De reiniging begint bij de eerste klep. Geschiedt de onderbreking van de reiniging via de ∆p-regeling of
de start-stop-ingang D1, D2, wordt bij het volgend reinigingsproces het regelverloop gecontinueerd. De
reiniging begint dan met de klep die de het laatst bediende klep volgt.
Wordt de regeling na een uitval van de netspanning weer ingeschakeld, vindt een herstart plaats.
Ingang E1, E2 „Naloopreiniging" (klemmen 10, 11)
Werkt de regeling in de DTC-modus 1 of DTC-modus 2 (down-time-cleaning-modus, naloopreinigings-
modus zie hieromtrent gedeelte 6.3), moet de regeling via de ingang E1, E2 worden in- en uitgeschakeld.
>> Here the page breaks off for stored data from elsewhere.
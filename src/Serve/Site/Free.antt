-- ===== src/Serve/Site/Free.antt =====
-- The windows of `signers serve` (serve/serve.go) never wait for the lock of the counters.
use signers.Base.{ℕ, zero, suc, true, false, Bool, List, [], ◌∷◌, ◌++◌, All, if◌then◌else◌}
use signers.Base.Int.{ℤ, pos, int64}
use signers.Base.Text.{Text, codes}
use signers.Base.Exec.{Result, ok, err, Outcome, returned, exited, panicked, blocked, continue}
use signers.Base.Fallible.{Try, proceed, called_result}
use signers.Redt.Types.{Header, Geth}
use signers.Redt.Node.{Node, header_by_number}
use signers.Redt.Node.Unlocks.{Ended, header_by_number-Unlocked}
use signers.Redt.Report.{Report, signers_for_header}
use signers.Redt.Report.Unlocks.{signers_for_header-Unlocked}
use signers.Redt.Stats.Counting.{IsFree}
use signers.Serve.{
  Setup, Window, Notice, Served, serve_round, after_header, next_header, send_report, write_message,
  set_watch,
}
use signers.Serve.Page.{execute_template}
use signers.Serve.Site.{
  Handler, running, ended, stuck, Site, SiteEvent, asks_index, opens, receives, start_window,
  handler_after, site_outcome, deliver, deliver_at, site_step, site_run,
}

-- The handler does not wait for the lock.
abbrev pub Moving : Handler → Type 0
Moving (stuck w) = ⊥
Moving _ = Unit

-- The lock is free, and nobody waits for it.
abbrev pub IsClear : {C : Type 0} → Site C → Type 0
IsClear s = IsFree s.node × All Moving s.handlers

module _ (g : Geth) (show_time : ℤ → Text) where
  abbrev Kept : {A : Type 0} → Outcome (Result A) × Served g.Cache → Type 0
  Kept (o, t) = Ended o × IsFree t.node

  module _ {A B : Type 0} where
    Kept-proceed :
        (o : Outcome (Result A)) (t : Served g.Cache) (f : A → Try (Served g.Cache) B)
        → Kept (o, t)
        → ((a : A) → Kept (f a t))
        → Kept (proceed o f t)
    Kept-proceed (returned (ok a)) t f h k = k a
    Kept-proceed (returned (err e)) t f h k = h
    Kept-proceed exited t f h k = h
    Kept-proceed panicked t f h k = h
    Kept-proceed blocked t f h k = absurd h.0

  Ended-called : {A : Type 0} (o : Outcome A) → Ended o → Ended (called_result o)
  Ended-called (returned a) h = h
  Ended-called exited h = h
  Ended-called panicked h = h
  Ended-called blocked h = h

  write_message-Kept :
      (written : Bool) (page : Text) (t : Served g.Cache)
      → IsFree t.node
      → Kept (write_message g show_time written page t)
  unfolding write_message
  write_message-Kept true page t free = (tt, free)
  write_message-Kept false page t free = (tt, free)

  send_report-Kept :
      (written : Bool) (answer : Report × ℕ) (t : Served g.Cache)
      → IsFree t.node
      → Kept (send_report g show_time written answer t)
  unfolding send_report
  send_report-Kept written (report, timestamp) t free =
      let u = set_watch g show_time (record { is_first = false; timestamp = timestamp }) t in
      Kept-proceed (returned (execute_template show_time (codes "table.html") report)) u
        (write_message g show_time written) (tt, free)
        (λ page. write_message-Kept written page u free)

  next_header-Kept :
      (written : Bool) (h : Header) (t : Served g.Cache)
      → IsFree t.node
      → Kept (next_header g show_time written h t)
  unfolding next_header
  next_header-Kept written h t free =
      let (o, n) = signers_for_header g h t.window.watch.timestamp t.node in
      let (over, still) = signers_for_header-Unlocked g h t.window.watch.timestamp t.node free in
      Kept-proceed (called_result o) (record t { node = n }) (send_report g show_time written)
        (Ended-called o over, still)
        (λ answer. send_report-Kept written answer (record t { node = n }) still)

  after_header-Kept :
      (written : Bool) (h : Header) (t : Served g.Cache)
      → IsFree t.node
      → Kept (after_header g show_time written h t)
  unfolding after_header
  after_header-Kept written h t free = by_first t.window.watch.is_first
    where
      by_first :
          (b : Bool)
          → Kept (
              if b
              then (
                returned (ok tt),
                set_watch g show_time (record { is_first = false; timestamp = h.time }) t,
              )
              else next_header g show_time written h t)
      by_first true = (tt, free)
      by_first false = next_header-Kept written h t free

  pub serve_round-Kept :
      (notice : Notice) (t : Served g.Cache)
      → IsFree t.node
      → Kept (serve_round g show_time notice t)
  unfolding serve_round
  serve_round-Kept notice t free =
      let (o, n) = header_by_number g (int64 (pos notice.number)) t.node in
      let (over, still) = header_by_number-Unlocked g (int64 (pos notice.number)) t.node free in
      Kept-proceed o (record t { node = n }) (after_header g show_time notice.written) (over, still)
        (λ h. after_header-Kept notice.written h (record t { node = n }) still)

  Moving-after :
      (o : Outcome (Result (Unit {0}))) (w : Window) → Ended o → Moving (handler_after o w)
  Moving-after (returned (ok u)) w h = tt
  Moving-after (returned (err e)) w h = tt
  Moving-after exited w h = tt
  Moving-after panicked w h = tt
  Moving-after blocked w h = absurd h

  -- What a delivery leaves.
  abbrev Delivered : {A : Type 0} → (A → Type 0) → Outcome (Unit {0}) × Node g × A → Type 0
  Delivered P (o, n, a) = Ended o × IsFree n × P a

  site_outcome-Ended : (o : Outcome (Result (Unit {0}))) → Ended (site_outcome o)
  site_outcome-Ended (returned r) = tt
  site_outcome-Ended exited = tt
  site_outcome-Ended panicked = tt
  site_outcome-Ended blocked = tt

  deliver-Moving :
      (notice : Notice) (h : Handler) (n : Node g)
      → IsFree n
      → Moving h
      → Delivered Moving (deliver g show_time notice h n)
  deliver-Moving notice (running w) n free moving =
      let s : Served g.Cache = record { node = n; window = w } in
      let (over, still) = serve_round-Kept notice s free in
      let (o, t) = serve_round g show_time notice s in
      (site_outcome-Ended o, still, Moving-after o t.window over)
  deliver-Moving notice (ended w) n free moving = (tt, free, tt)
  deliver-Moving notice (stuck w) n free moving = absurd moving

  deliver_at-Moving :
      (i : ℕ) (notice : Notice) (hs : List Handler) (n : Node g)
      → IsFree n
      → All Moving hs
      → Delivered (All Moving) (deliver_at g show_time i notice hs n)
  unfolding deliver_at
  deliver_at-Moving i notice [] n free moving = (tt, free, tt)
  deliver_at-Moving zero notice (h ∷ hs) n free (moving, others) =
      let (over, still, goes) = deliver-Moving notice h n free moving in
      (over, still, (goes, others))
  deliver_at-Moving (suc i) notice (h ∷ hs) n free (moving, others) =
      let (over, still, go) = deliver_at-Moving i notice hs n free others in
      (over, still, (moving, go))

  start_window-Moving : (setup : Setup) → Moving (start_window setup)
  start_window-Moving setup = by_parts setup.upgraded setup.dialed setup.subscribed
    where
      by_parts :
          (a b c : Bool)
          → Moving (
              start_window
                (record { upgraded = a; dialed = b; subscribed = c; stops = setup.stops }))
      by_parts false b c = tt
      by_parts true false c = tt
      by_parts true true false = tt
      by_parts true true true = tt

  All-snoc :
      (hs : List Handler) (h : Handler) → All Moving hs → Moving h → All Moving (hs ++ h ∷ [])
  All-snoc [] h others moving = (moving, tt)
  All-snoc (x ∷ hs) h (here, others) moving = (here, All-snoc hs h others moving)

  site_step-IsClear :
      (event : SiteEvent) (s : Site g.Cache)
      → IsClear s
      → let (o, t) = site_step g show_time event s in Ended o × IsClear t
  unfolding site_step
  site_step-IsClear asks_index s clear = (tt, clear)
  site_step-IsClear (opens setup) s (free, moving) =
      (tt, (free, All-snoc s.handlers (start_window setup) moving (start_window-Moving setup)))
  site_step-IsClear (receives i notice) s (free, moving) =
      let (over, still, goes) = deliver_at-Moving i notice s.handlers s.node free moving in
      (over, (still, goes))

  run_from :
      (o : Outcome (Unit {0})) (t : Site g.Cache) (events : List SiteEvent)
      → Ended o
      → IsClear t
      → ((u : Site g.Cache)
          → IsClear u
          → let (p, v) = site_run g show_time events u in Ended p × IsClear v)
      → let (p, v) = continue o (λ u. site_run g show_time events) t in Ended p × IsClear v
  run_from (returned u) t events over clear rest = rest t clear
  run_from exited t events over clear rest = (tt, clear)
  run_from panicked t events over clear rest = (tt, clear)
  run_from blocked t events over clear rest = absurd over

  -- The server, started with a node whose lock is free: whatever is requested, however many windows
  -- are open and in whatever order they receive headers, also when handlers fail or panic, no
  -- handler ever waits for the lock of the counters, and the lock is free after every round.
  pub site_run-IsClear :
      (events : List SiteEvent) (s : Site g.Cache)
      → IsClear s
      → let (o, t) = site_run g show_time events s in Ended o × IsClear t
  unfolding site_run
  site_run-IsClear [] s clear = (tt, clear)
  site_run-IsClear (event ∷ events) s clear =
      let (o, t) = site_step g show_time event s in
      let (over, still) = site_step-IsClear event s clear in
      run_from o t events over still (λ u. site_run-IsClear events u)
De ingang is potentiaalvrij te bedienen. Bij voorkeur wordt hier het hulpcontact van de ventilatorschuif
aangesloten.
 Het sluiten van het contact aan de ingang E1, E2 zorgt voor het inschakelen van het regelapparaat.
 Het openen van contact aan de ingang E1, E2 zorgt bij de DTC-modus 1 voor de uitvoering van de
nareinigings-circulaties en het aansluitend uitschakelen van het toestel. Bij de DTC-modus 2 geschiedt
dezelfde functie alleen, wanneer de verschildruk de waarde ∆p DTC-max in de laatste bedrijfsperiode
heeft overschreden.
 Bij de DTC-modus 3 worden de nareinigingscirculaties geactiveerd, wanneer de verschildruk de
waarde ∆p DTC max in de laatste bedrijfsperiode heeft overschreden en vervolgens de waarde ###p
DTC min onderschrijdt.
Relais-uitgang S1, S2 voor het regelen van lossingsorganen (klemmen 8, 9)
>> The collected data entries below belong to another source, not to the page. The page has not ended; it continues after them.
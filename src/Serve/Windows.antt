-- ===== src/Serve/Windows.antt =====
-- The pages that serveViaWS (serve/serve.go) sends to one window.
use signers.Base.{
  ℕ, ◌≡◌, refl, ◌∙◌, Bool, true, false, List, [], ◌∷◌, ◌++◌, map, All, append_assoc, append-nil,
}
use signers.Base.Int.{ℤ, int64-pos}
use signers.Base.Text.{Text}
use signers.Base.Fallible.{Try}
use signers.Base.Exec.{Outcome, Result, ok, err, failed, returned}
use signers.Redt.Types.{Geth}
use signers.Redt.Node.{Node}
use signers.Redt.Node.Chain.{Coherent}
use signers.Redt.Report.{Report}
use signers.Redt.Monitor.Steady.{Story, Steady, Ready, Found-block}
use signers.Redt.Monitor.Notified.{InRange}
use signers.Serve.{Setup, Window, Notice, Served, serve_round, serve_rounds}
use signers.Serve.Page.{parts_text, table_html}
use signers.Serve.Pages.{report_of, reports_of, time_after}
use signers.Serve.Shows.{at, signers_for_header-at}

-- A header whose page is written with success, and one whose page is not.
abbrev pub good : ℕ → Notice
good n = record { number = n; written = true }

abbrev pub bad : ℕ → Notice
bad n = record { number = n; written = false }

abbrev pub all_good : Bool → Setup
all_good stops = record { upgraded = true; dialed = true; subscribed = true; stops = stops }

-- The window after its first header, with these pages.
abbrev pub shown : ℕ → List Text → Window
shown timestamp pages = record {
  watch = record { is_first = false; timestamp = timestamp };
  pages = pages;
  ws_open = true;
  qc_open = true;
}

module _ (g : Geth) (story : Story) (steady : Steady g story) (show_time : ℤ → Text)
    (s : Node g) where
  open story use {chain}

  abbrev pub page_of : Report → Text
  page_of r = parts_text show_time table_html r

  -- The pages of the blocks `ns`, of which `before` were counted already.
  abbrev pub pages_of : List ℕ → ℕ → List ℕ → List Text
  pages_of before latest ns = map page_of (reports_of g story s before latest ns)

  abbrev pub showing : List ℕ → g.Cache → ℕ → Window → Served g.Cache
  showing ns cache calls w = record { node = at g story steady s ns cache calls; window = w }

  module _ (ready : Ready g story s) where
    -- What the node is, up to the header cache and the count of calls, and what is returned.
    abbrev pub Serves :
        Try (Served g.Cache) (Unit {0})
        → Served g.Cache
        → Outcome (Result (Unit {0}))
        → List ℕ
        → Window
        → Type 0
    Serves m t o ns w =
        (cache : g.Cache) × (calls : ℕ) × Coherent g chain cache
        × (m t ≡ (o, showing ns cache calls w))

    pub serve_round-good :
        (ns : List ℕ) (n latest : ℕ) (cache : g.Cache) (calls : ℕ) (pages : List Text)
        → InRange n
        → Coherent g chain cache
        → Serves
            (serve_round g show_time (good n))
            (showing ns cache calls (shown latest pages))
            (returned (ok tt))
            (ns ++ n ∷ [])
            (shown
              (chain n).time
              (pages ++ page_of (report_of g story s (ns ++ n ∷ []) latest n) ∷ []))
    unfolding serve_round
    serve_round-good ns n latest cache calls pages (some_block, low) coherent =
        let found =
          Found-block g story steady n (at g story steady s ns cache calls) low coherent in
        let shows =
          signers_for_header-at g story steady s ns n latest found.cache found.calls some_block low
            ready in
        (
          found.cache,
          found.calls,
          found.coherent,
          rw (int64-pos n low) (rw found.lookup (rw shows refl)),
        )

    pub serve_round-bad :
        (ns : List ℕ) (n latest : ℕ) (cache : g.Cache) (calls : ℕ) (pages : List Text)
        → InRange n
        → Coherent g chain cache
        → Serves
            (serve_round g show_time (bad n))
            (showing ns cache calls (shown latest pages))
            (returned (err failed))
            (ns ++ n ∷ [])
            (shown (chain n).time pages)
    unfolding serve_round
    serve_round-bad ns n latest cache calls pages (some_block, low) coherent =
        let found =
          Found-block g story steady n (at g story steady s ns cache calls) low coherent in
        let shows =
          signers_for_header-at g story steady s ns n latest found.cache found.calls some_block low
            ready in
        (
          found.cache,
          found.calls,
          found.coherent,
          rw (int64-pos n low) (rw found.lookup (rw shows refl)),
        )

    -- The pages of the blocks `ns`, and then what is left.
    pub serve_rounds-good :
        (ns before : List ℕ) (latest : ℕ) (cache : g.Cache) (calls : ℕ) (pages : List Text)
        (rest : List Notice)
        → All InRange ns
        → Coherent g chain cache
        → (cache' : g.Cache) × (calls' : ℕ) × Coherent g chain cache'
          × (serve_rounds g show_time
                (map good ns ++ rest)
                (showing before cache calls (shown latest pages))
              ≡ serve_rounds g show_time rest (
                  showing
                    (before ++ ns)
                    cache'
                    calls'
                    (shown (time_after g story s latest ns) (pages ++ pages_of before latest ns))))
    unfolding serve_rounds
    serve_rounds-good [] before latest cache calls pages rest in_range coherent =
        (cache, calls, coherent, rw (append-nil before, append-nil pages) refl)
    serve_rounds-good (n ∷ ns) before latest cache calls pages rest (here, others) coherent =
        let (cache1, calls1, coherent1, round) =
          serve_round-good before n latest cache calls pages here coherent in
        let page = page_of (report_of g story s (before ++ n ∷ []) latest n) in
        let (cache2, calls2, coherent2, runs) =
          serve_rounds-good ns (before ++ n ∷ []) (chain n).time cache1 calls1 (pages ++ page ∷ [])
            rest others coherent1 in
        (
          cache2,
          calls2,
          coherent2,
          rw round (
              runs
              ∙ rw
                  (
                    append_assoc before (n ∷ []) ns,
                    append_assoc pages (page ∷ []) (pages_of (before ++ n ∷ []) (chain n).time ns),
                  )
                  refl),
        )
Zijn automatische componenten ter stoflediging (lossingsorganen) voorhanden, moeten deze gedurende
de reiniging en naloopreiniging in werking zijn. Sluit de schuiven voor het regelen van deze aandrijvingen
aan de potentiaalvrije uitgang S1, S2 aan.
Relais-uitgang „Alarm" A1, A2, A3 (klemmen 5, 6, 7)
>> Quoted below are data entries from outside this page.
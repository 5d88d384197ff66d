-- ===== src/Serve/Site/Twice.antt =====
-- Two windows of `signers serve` (serve/serve.go) share one set of counters.
use signers.Base.{ℕ, ◌≡◌, ap, ◌∙◌, List, [], ◌∷◌, ◌++◌}
use signers.Base.Int.{ℤ}
use signers.Base.Text.{Text}
use signers.Base.Exec.{ok, returned, continue}
use signers.Redt.Types.{Geth}
use signers.Redt.Node.{Node}
use signers.Redt.Node.Chain.{Coherent}
use signers.Redt.Monitor.Steady.{Story, Steady, Ready}
use signers.Redt.Monitor.Notified.{InRange}
use signers.Serve.Pages.{report_of}
use signers.Serve.Shows.{at}
use signers.Serve.Windows.{good, shown, page_of, serve_round-good}
use signers.Serve.{Notice, Window, serve_round}
use signers.Serve.Site.{running, Site, receives, deliver_at, site_outcome, handler_after, site_run}

module _ (g : Geth) (story : Story) (steady : Steady g story) (show_time : ℤ → Text)
    (s : Node g) where
  open story use {chain}

  -- A node that has counted the blocks `ns`, and two windows in their loops.
  abbrev pub two_windows : List ℕ → g.Cache → ℕ → ℕ → List Text → ℕ → List Text → Site g.Cache
  two_windows ns cache calls latest pages latest' pages' = record {
    node = at g story steady s ns cache calls;
    handlers = running (shown latest pages) ∷ running (shown latest' pages') ∷ [];
    answers = [];
  }

  abbrev both : Node g → Window → Window → Site g.Cache
  both n w w' = record { node = n; handlers = running w ∷ running w' ∷ []; answers = [] }

  -- Two rounds, the first of the one window and the second of the other.
  both_receive :
      (notice : Notice) (n n1 n2 : Node g) (w w' v v' : Window)
      → serve_round g show_time notice (record { node = n; window = w })
        ≡ (returned (ok tt), record { node = n1; window = v })
      → serve_round g show_time notice (record { node = n1; window = w' })
        ≡ (returned (ok tt), record { node = n2; window = v' })
      → site_run g show_time (receives 0 notice ∷ receives 1 notice ∷ []) (both n w w')
        ≡ (returned tt, both n2 v v')
  unfolding site_run deliver_at
  both_receive notice n n1 n2 w w' v v' one two =
      ap
        (λ r.
          continue (site_outcome r.0) (λ _. site_run g show_time (receives 1 notice ∷ []))
            (record {
              node = r.1.node;
              handlers = handler_after r.0 r.1.window ∷ running w' ∷ [];
              answers = [];
            }))
        one
      ∙ ap
          (λ r.
            continue (site_outcome r.0) (λ _. site_run g show_time [])
              (record {
                node = r.1.node;
                handlers = running v ∷ handler_after r.0 r.1.window ∷ [];
                answers = [];
              }))
          two

  -- When a header of block n, not the genesis block, reaches two windows on a ready node, both are
  -- sent a page of this block, and the block is counted twice: the second page shows the proposals
  -- and signatures of the blocks before and of block n two times over.
  pub site_run_counts_twice :
      (ns : List ℕ) (n latest latest' calls : ℕ) (pages pages' : List Text) (cache : g.Cache)
      → InRange n
      → Coherent g chain cache
      → Ready g story s
      → (cache' : g.Cache) × (calls' : ℕ) × (site_run g show_time
            (receives 0 (good n) ∷ receives 1 (good n) ∷ [])
            (two_windows ns cache calls latest pages latest' pages')
          ≡ (
            returned tt,
            two_windows
                ((ns ++ n ∷ []) ++ n ∷ [])
                cache'
                calls'
                (chain n).time
                (pages
                  ++ page_of g story steady show_time s
                      (report_of g story s (ns ++ n ∷ []) latest n)
                    ∷ [])
                (chain n).time
                (pages'
                  ++ page_of g story steady show_time s
                      (report_of g story s ((ns ++ n ∷ []) ++ n ∷ []) latest' n)
                    ∷ []),
          ))
  site_run_counts_twice ns n latest latest' calls pages pages' cache here coherent ready =
      let (cache1, calls1, coherent1, first) =
        serve_round-good g story steady show_time s ready ns n latest cache calls pages here
          coherent in
      let (cache2, calls2, coherent2, second) =
        serve_round-good g story steady show_time s ready (ns ++ n ∷ []) n latest' cache1 calls1
          pages' here coherent1 in
      (cache2, calls2, both_receive (good n) _ _ _ _ _ _ _ first second)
Zodra de voedingsspanning aan de RM-216 C aanligt, sluit het relais-contact A1, A2 (klemmen 5, 6) en
opent contact A2, A3 (klemmen 6,7). In de volgende gevallen opent het relais-contact A1, A2 en sluit het
contact A2, A3:
 Uitval van de voedingsspanning
 Uitval van een toestelinterne spanning
 Defect van een aangesloten I/O-module
 Totaal aantal kleppen is verkeerd ingesteld (parameter P06)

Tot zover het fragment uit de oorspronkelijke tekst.